I've got a question related to java performance and method execution.
In my app there are a lot of place where I have to validate some parameter, so I've written a Validator class and put all the validation methods into it. Here is an example:
public class NumberValidator {
public static short shortValidator(String s) throws ValidationException{
try{
short sh = Short.parseShort(s);
if(sh < 1){
throw new ValidationException();
}
return sh;
}catch (Exception e) {
throw new ValidationException("The parameter is wrong!");
}
}
...
But I'm thinking about that. Is this OK? It's OO and modularized, but - considering performance - is it a good idea?
What if I had awful lot of invocation at the same time? The snippet above is short and fast, but there are some methods that take more time.
What happens when there are a lot of calling to a static method or an instance method in the same class and the method is not synchronized? All the calling methods have to fall in line and the JVM executes them sequentially?
Is it a good idea to have some class that are identical to the above-mentioned and randomly call their identical methods? I think it is not, because "Don't repeat yourself " and "Duplication is Evil" etc. But what about performance?
Thanks is advance.
On reentrancy of your method: if it's static, it doesn't hold any state, so it's perfectly safe.
On performance: look at your use cases. Since you're validating Strings, I can only assume you are validating user input. In any case, the number of simultaneous users of your system is not probable to incur a performance bottleneck.
Just two comments:
1) Factoring out validation into methods may in fact improve performance a little. As far as I know, the JIT compiler is designed to detect frequent method invocations. The validation methods are therefore good candidates for JIT optimization.

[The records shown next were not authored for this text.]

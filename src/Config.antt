-- ===== src/Config.antt =====
-- consumerConfig and its options (consumer.go), and the connection-level settings of setup.go.
use go_messaging_nats.Base.{String, Bool, List, [], ◌∷◌, Option, none, if◌then◌else◌, ◌==◌}
use go_messaging_nats.Base.Int.{ℤ, pos, is_negative}
use go_messaging_nats.Errors.{
  sentinel, wrap, negative_max_deliver, empty_suffix, Result, ok, err, panic, ◌>>=◌,
}
use go_messaging_nats.Handler.{WrappedHandler}
use go_messaging_nats.Naming.{consumer_name, consumer_name_with_suffix}

-- A time.Duration, in nanoseconds.
abbrev pub Duration : Type 0
Duration = ℤ

pub record StreamConfig : Type 0 where
  pub max_age : Duration
  pub max_bytes : ℤ
  pub max_msgs : ℤ

-- A nil slice is `none`.
pub record ConsumerDefaults : Type 0 where
  pub max_deliver : ℤ
  pub back_off : Option (List Duration)

pub record ConsumerConfig : Type 0 where
  pub stream : String
  pub routing_key : String
  pub consumer_name : String
  pub ephemeral : Bool
  pub handler : WrappedHandler
  pub suffix : String
  pub max_deliver : ℤ
  pub back_off : Option (List Duration)

-- The option's error, or the changed configuration.
abbrev pub ConsumerOptions : Type 0
ConsumerOptions = ConsumerConfig → Result ConsumerConfig

unfoldable pub add_consumer_name_suffix : String → ConsumerOptions
add_consumer_name_suffix suffix config =
    if suffix == "" then err (sentinel empty_suffix) else ok (record config { suffix = suffix })

unfoldable pub with_max_deliver : ℤ → ConsumerOptions
with_max_deliver n config =
    if is_negative n then err (negative_max_deliver n) else ok (record config { max_deliver = n })

unfoldable pub with_back_off : Option (List Duration) → ConsumerOptions
with_back_off durations config = ok (record config { back_off = durations })

apply_options : ConsumerConfig → List ConsumerOptions → Result ConsumerConfig
apply_options cfg [] = ok cfg
apply_options cfg (f ∷ opts) = elim (f cfg) [
  | ok cfg' ↦ apply_options cfg' opts
  | err e ↦ err (wrap "consumer option failed: " e "")
  | panic ↦ panic
]

-- The name of a consumer: none for an ephemeral one.
named : String → ConsumerConfig → ConsumerConfig
named service_name cfg = if cfg.ephemeral then cfg else record cfg {
  consumer_name =
      if cfg.suffix == ""
      then consumer_name service_name
      else consumer_name_with_suffix service_name cfg.suffix;
}

unfoldable pub new_consumer_config :
    String → String → Bool → WrappedHandler → String → List ConsumerOptions → Result ConsumerConfig
unfolding apply_options named
new_consumer_config stream routing_key ephemeral handler service_name opts = do
  cfg ←
      apply_options
        (record {
          stream = stream;
          routing_key = routing_key;
          consumer_name = "";
          ephemeral = ephemeral;
          handler = handler;
          suffix = "";
          max_deliver = pos 0;
          back_off = none;
        })
        opts
  ok (named service_name cfg)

2) Try avoiding 'catch(Exception e)'. This is not recommended since you are capturing all kinds of RuntimeException as well. If you have a bug in one of the non-trivial validations, you may throw a ValidationException that hides a bug in the code.
Not sure what are your concern.
Since you mentioned the method not beeing synchronized I suppose you have concurrent invocations from multiple threads.

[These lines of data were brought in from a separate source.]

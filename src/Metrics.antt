-- ===== src/Metrics.antt =====
-- metrics.go: the Prometheus metrics. A counter's increments and a histogram's observations are
-- recorded as a list of samples, in order.
pub mod Registering
use go_messaging_nats.Base.{ℕ, String, List, [], ◌∷◌, if◌then◌else◌, ◌==◌, Option, some}
use go_messaging_nats.Errors.{Error, Result, ok, err}

pub data Collector : Type 0 where
  event_received_counter event_without_handler_counter event_not_parsable_counter : Collector
  event_nak_counter event_ack_counter event_processed_duration : Collector
  event_publish_succeed_counter event_publish_failed_counter event_publish_duration : Collector

-- Label values in the order of the collector's label names; an observation has milliseconds.
pub data Sample : Type 0 where
  inc : Collector → List String → Sample
  observe : Collector → List String → ℕ → Sample

-- The active mapper of routing keys, the package's only mutable variable; its calls are taken to return.
abbrev pub Mapper : Type 0
Mapper = String → String

unfoldable pub routing_key_label : Mapper → String → String
routing_key_label mapper key = let mapped = mapper key in if mapped == "" then "unknown" else mapped

module _ (mapper : Mapper) where
  unfoldable pub event_received : String → String → List Sample
  event_received consumer routing_key =
      inc event_received_counter (consumer ∷ routing_key_label mapper routing_key ∷ []) ∷ []

  unfoldable pub event_without_handler : String → String → List Sample
  event_without_handler consumer routing_key =
      inc event_without_handler_counter (consumer ∷ routing_key_label mapper routing_key ∷ []) ∷ []

  unfoldable pub event_not_parsable : String → String → List Sample
  event_not_parsable consumer routing_key =
      inc event_not_parsable_counter (consumer ∷ routing_key_label mapper routing_key ∷ []) ∷ []

  unfoldable pub event_nak : String → String → ℕ → List Sample
  event_nak consumer routing_key milliseconds =
      inc event_nak_counter (consumer ∷ routing_key_label mapper routing_key ∷ [])
      ∷ observe event_processed_duration
          (consumer ∷ routing_key_label mapper routing_key ∷ "NAK" ∷ []) milliseconds
      ∷ []

  unfoldable pub event_ack : String → String → ℕ → List Sample
  event_ack consumer routing_key milliseconds =
      inc event_ack_counter (consumer ∷ routing_key_label mapper routing_key ∷ [])
      ∷ observe event_processed_duration
          (consumer ∷ routing_key_label mapper routing_key ∷ "ACK" ∷ []) milliseconds
      ∷ []

  unfoldable pub event_publish_succeed : String → String → ℕ → List Sample
  event_publish_succeed stream routing_key milliseconds =
      inc event_publish_succeed_counter (stream ∷ routing_key_label mapper routing_key ∷ [])
      ∷ observe event_publish_duration (stream ∷ routing_key_label mapper routing_key ∷ "OK" ∷ [])
          milliseconds
      ∷ []

  unfoldable pub event_publish_failed : String → String → ℕ → List Sample
  event_publish_failed stream routing_key milliseconds =
      inc event_publish_failed_counter (stream ∷ routing_key_label mapper routing_key ∷ [])
      ∷ observe event_publish_duration
          (stream ∷ routing_key_label mapper routing_key ∷ "ERROR" ∷ []) milliseconds
      ∷ []

-- MetricsOption: it changes the mapper of the configuration, which may be nil.
abbrev pub MetricsOption : Type 0
MetricsOption = Option Mapper → Option Mapper

unfoldable pub with_routing_key_mapper : Option Mapper → MetricsOption
with_routing_key_mapper fn _ = fn

configured : Option Mapper → List MetricsOption → Option Mapper
configured mapper [] = mapper
configured mapper (o ∷ opts) = configured (o mapper) opts

-- What the registerer answers to one collector.
pub data Registration : Type 0 where
  registered : Registration
  already_registered : Registration
  refused : Error → Registration

abbrev pub collectors : List Collector
collectors =
    event_received_counter ∷ event_ack_counter ∷ event_nak_counter ∷ event_without_handler_counter
    ∷ event_not_parsable_counter ∷ event_processed_duration ∷ event_publish_succeed_counter
    ∷ event_publish_failed_counter ∷ event_publish_duration ∷ []

-- The collectors that are handed to the registerer, and the result.
register_all : (Collector → Registration) → List Collector → List Collector × Result (Unit {0})
register_all answer [] = ([], ok tt)
register_all answer (c ∷ cs) =
    let rest = register_all answer cs in
    elim (answer c) [ refused e ↦ (c ∷ [], err e) | _ ↦ (c ∷ rest.0, rest.1) ]

pub record Initialised : Type 0 where
  pub mapper : Option Mapper
  pub tried : List Collector
  pub result : Result (Unit {0})

-- The mapper is stored before any collector is registered.
unfoldable pub init_metrics : (Collector → Registration) → List MetricsOption → Initialised
unfolding configured register_all
init_metrics answer opts =
    let registering = register_all answer collectors in
    record {
      mapper = configured (some (λ s. s)) opts;
      tried = registering.0;
      result = registering.1;
    }
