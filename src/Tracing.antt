-- ===== src/Tracing.antt =====
-- tracing.go: span attributes, and the trace context that travels in message headers. Spans and
-- tracers are OpenTelemetry's; their attributes are modelled.
pub mod Carriers
use go_messaging_nats.Base.{ℕ, String, List, [], ◌∷◌, ◌++◌, if◌then◌else◌, ◌==◌, Option, or_default}
use go_messaging_nats.Base.GoMap.{GoMap, insert, keys}
use go_messaging_nats.Base.Text.{concat}
use go_messaging_nats.Errors.{Handle}
use go_messaging_nats.Messaging.{DeliveryInfo}
use go_messaging_nats.Nats.{NatsHeader, HeaderOps, Context, Propagator}

pub data AttributeValue : Type 0 where
  text_attribute : String → AttributeValue
  int_attribute : ℕ → AttributeValue

abbrev pub KeyValue : Type 0
KeyValue = String × AttributeValue

unfoldable pub consumer_span_attributes : DeliveryInfo → String → String → ℕ → List KeyValue
consumer_span_attributes info service_name message_id body_size =
    let attrs : List KeyValue =
      ("messaging.system", text_attribute "nats")
      ∷ ("messaging.operation", text_attribute "receive")
      ∷ ("messaging.destination.name", text_attribute info.source)
      ∷ ("messaging.nats.subject", text_attribute info.key)
      ∷ ("messaging.destination.subscription", text_attribute info.destination)
      ∷ ("messaging.message.body.size", int_attribute body_size)
      ∷ ("messaging.client_id", text_attribute service_name)
      ∷ [] in
    if message_id == ""
    then attrs
    else attrs ++ ("messaging.message.id", text_attribute message_id) ∷ []

unfoldable pub publish_span_attributes : String → String → String → List KeyValue
publish_span_attributes stream subject service_name =
    ("messaging.system", text_attribute "nats")
    ∷ ("messaging.operation", text_attribute "publish")
    ∷ ("messaging.destination.name", text_attribute stream)
    ∷ ("messaging.nats.subject", text_attribute subject)
    ∷ ("messaging.client_id", text_attribute service_name)
    ∷ []

unfoldable pub default_publish_span_name : String → String → String
default_publish_span_name _ routing_key = concat ("publish " ∷ routing_key ∷ [])

-- The tracer of a provider, or of the global one.
unfoldable pub tracer_from_provider : (Handle → Handle) → Handle → Option Handle → Handle
tracer_from_provider tracer global provider = tracer (or_default provider global)

unfoldable pub propagator_or_global : Option Propagator → Propagator → Propagator
propagator_or_global p global = or_default p global

module _ (ops : HeaderOps) (global : Propagator) where
  pub set_all : NatsHeader → GoMap String → NatsHeader
  set_all headers [] = headers
  set_all headers ((k, v) ∷ carrier) = set_all (ops.set headers k v) carrier

  -- The carrier's entries come in the order in which the propagator's map is walked.
  unfoldable pub inject_to_headers : Context → NatsHeader → Option Propagator → NatsHeader
  unfolding set_all propagator_or_global
  inject_to_headers ctx headers p = set_all headers ((propagator_or_global p global).inject ctx)

  carry : NatsHeader → List String → GoMap String → GoMap String
  carry headers [] carrier = carrier
  carry headers (k ∷ ks) carrier = carry headers ks (insert k (ops.get headers k) carrier)

  unfoldable pub extract_to_context :
      Context → (headers order : NatsHeader) → Option Propagator → Context
  unfolding carry propagator_or_global
  extract_to_context ctx headers order p =
      (propagator_or_global p global).extract ctx (carry headers (keys order) [])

And since the method is not sychronized any invocation can be executed concurrently without problems.
For sure you won't get any performance improvements by copy and paste this method in the calling classes. May be you would reduce performance because your code size will increase and will waste space in che processor cache, but for such a short method I think it's a trascurable effect.
Are you experiencing performance problems?

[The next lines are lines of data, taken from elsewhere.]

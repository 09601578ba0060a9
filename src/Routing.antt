-- ===== src/Routing.antt =====
-- routingkey_handlers.go: the handlers of a consumer by routing-key pattern.
pub mod Matching
use go_messaging_nats.Base.{String, List, [], ◌∷◌, Option, none, some, if◌then◌else◌}
use go_messaging_nats.Base.GoMap.{GoMap, insert}
use go_messaging_nats.Messaging.{Messaging}
use go_messaging_nats.Handler.{WrappedHandler}

abbrev pub RoutingKeyHandler : Type 0
RoutingKeyHandler = GoMap WrappedHandler

-- The argument lists the map's entries in the order in which this loop meets them.
unfoldable pub get : Messaging → (order : RoutingKeyHandler) → String → Option WrappedHandler
get m [] routing_key = none
get m ((mapped_routing_key, handler) ∷ order) routing_key =
    let rest = get m order routing_key in
    if m.match_routing_key mapped_routing_key routing_key then some handler else rest

unfoldable pub add : RoutingKeyHandler → String → WrappedHandler → RoutingKeyHandler
add h routing_key handler = insert routing_key handler h
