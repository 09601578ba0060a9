-- ===== src/Consumer.antt =====
-- notifications.go, and the message handling of consumer.go: what a consumer does with one message,
-- as the list of its effects in order. Logging has no effect here.
pub mod Delivery
pub mod Settlement
pub mod Dispatch
pub mod Counts
pub mod Core
pub mod Requests
pub mod Decoding
use go_messaging_nats.Base.{
  ℕ, String, List, [], ◌∷◌, ◌++◌, Option, none, some, Bool, true, false, if◌then◌else◌, map,
}
use go_messaging_nats.Base.GoMap.{GoMap, lookup}
use go_messaging_nats.Errors.{
  Handle, Error, Result, ok, err, panic, is_error, parse_json, no_message_type_for_route_key,
}
use go_messaging_nats.Messaging.{
  Messaging, DeliveryInfo, Notification, ErrorNotification, Headers, Value, text, other,
}
use go_messaging_nats.Nats.{Bytes, Context, NatsHeader, HeaderOps, Message, Propagator}
use go_messaging_nats.Metrics.{Sample, Mapper}
use go_messaging_nats.Tracing.{KeyValue}
use go_messaging_nats.Handler.{UnmarshalEvent, WrappedHandler}
use go_messaging_nats.Routing.{RoutingKeyHandler}

-- jsConsumer; its logger is left out.
pub record JsConsumer : Type 0 where
  pub name : String
  pub stream : String
  pub service_name : String
  pub handlers : RoutingKeyHandler
  pub notification_ch : Option Handle
  pub error_ch : Option Handle
  pub span_name_fn : Option (DeliveryInfo → String)
  pub tracer : Option Handle
  pub propagator : Option Propagator

pub data Effect : Type 0 where
  sampled : Sample → Effect
  span_started : Handle → Context → String → List KeyValue → Effect
  error_recorded status_error : Error → Effect
  status_ok span_ended : Effect
  handled : Context → UnmarshalEvent → Effect
  notified : Handle → Notification → Effect
  error_notified : Handle → ErrorNotification → Effect
  acked naked termed : Effect
  responded : Bytes → Effect
  panicked : Effect

-- The functions of other packages that handling a message calls.
pub record Env : Type 0 where
  pub messaging : Messaging
  pub header_ops : HeaderOps
  pub mapper : Mapper
  pub global_propagator : Propagator
  pub global_tracer : Handle
  pub background : Context
  pub started : Handle → Context → String → List KeyValue → Context
  pub error_text : Error → String
  pub marshal_error : String → Bytes

-- What one delivery observes: the iteration orders of the maps that it walks, the time that the
-- handler took, and which channels can take a value at once.
pub record Run : Type 0 where
  pub handlers : RoutingKeyHandler
  pub headers : NatsHeader
  pub carried : NatsHeader
  pub elapsed : ℕ
  pub ready : Handle → Bool

-- A send under `select` with a default: it happens if the channel can take the value at once.
unfoldable pub notify_event_handler_succeed :
    (Handle → Bool) → Option Handle → DeliveryInfo → ℕ → List Effect
notify_event_handler_succeed ready none info took = []
notify_event_handler_succeed ready (some ch) info took =
    if ready ch then notified ch (record { delivery_info = info; duration = took }) ∷ [] else []

unfoldable pub notify_event_handler_failed :
    (Handle → Bool) → Option Handle → DeliveryInfo → ℕ → Error → List Effect
notify_event_handler_failed ready none info took e = []
notify_event_handler_failed ready (some ch) info took e =
    if ready ch
    then error_notified ch (record { error = e; delivery_info = info; duration = took }) ∷ []
    else []

-- `headers[key].(string)`, with the empty text where it fails.
abbrev pub text_at : String → Headers → String
text_at key headers = text_of (lookup key headers)
  where
    text_of : Option Value → String
    text_of none = ""
    text_of (some (text s)) = s
    text_of (some (other v)) = ""

abbrev pub samples : List Sample → List Effect
samples = map sampled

Make the code easy to maintain first, and if it's not living up to expectations, it'll be easy to read and easy to refactor.
If you make the code optimized for speed on every choice, you'll often wind up with something unreadable, and have to start from scratch to fix simple bugs.
That said, your method is a static, and will only need to be initialized once. That is the fast version. :-)
I'm suspicious of this code, not so much on performance grounds as that I don't think it is successfully abstracting out anything that deserves abstraction.
If it is for checking user input, it replaces reasonable error messages like 'maximum number of widgets allowed is 9999' with 'ValidationException'. And if you add something like arguments (or try/catch clauses) to get the messages right in context, then almost certainly the required call-site code is more complex, harder to write and maintain, than the straightforward way of doing things.
If it is for internal sanity checking, you may well start to lose meaningful performance, and certainly greatly increase complexity and bugginess, if you are passing arguments round as strings all over the place and continually parsing and validating them.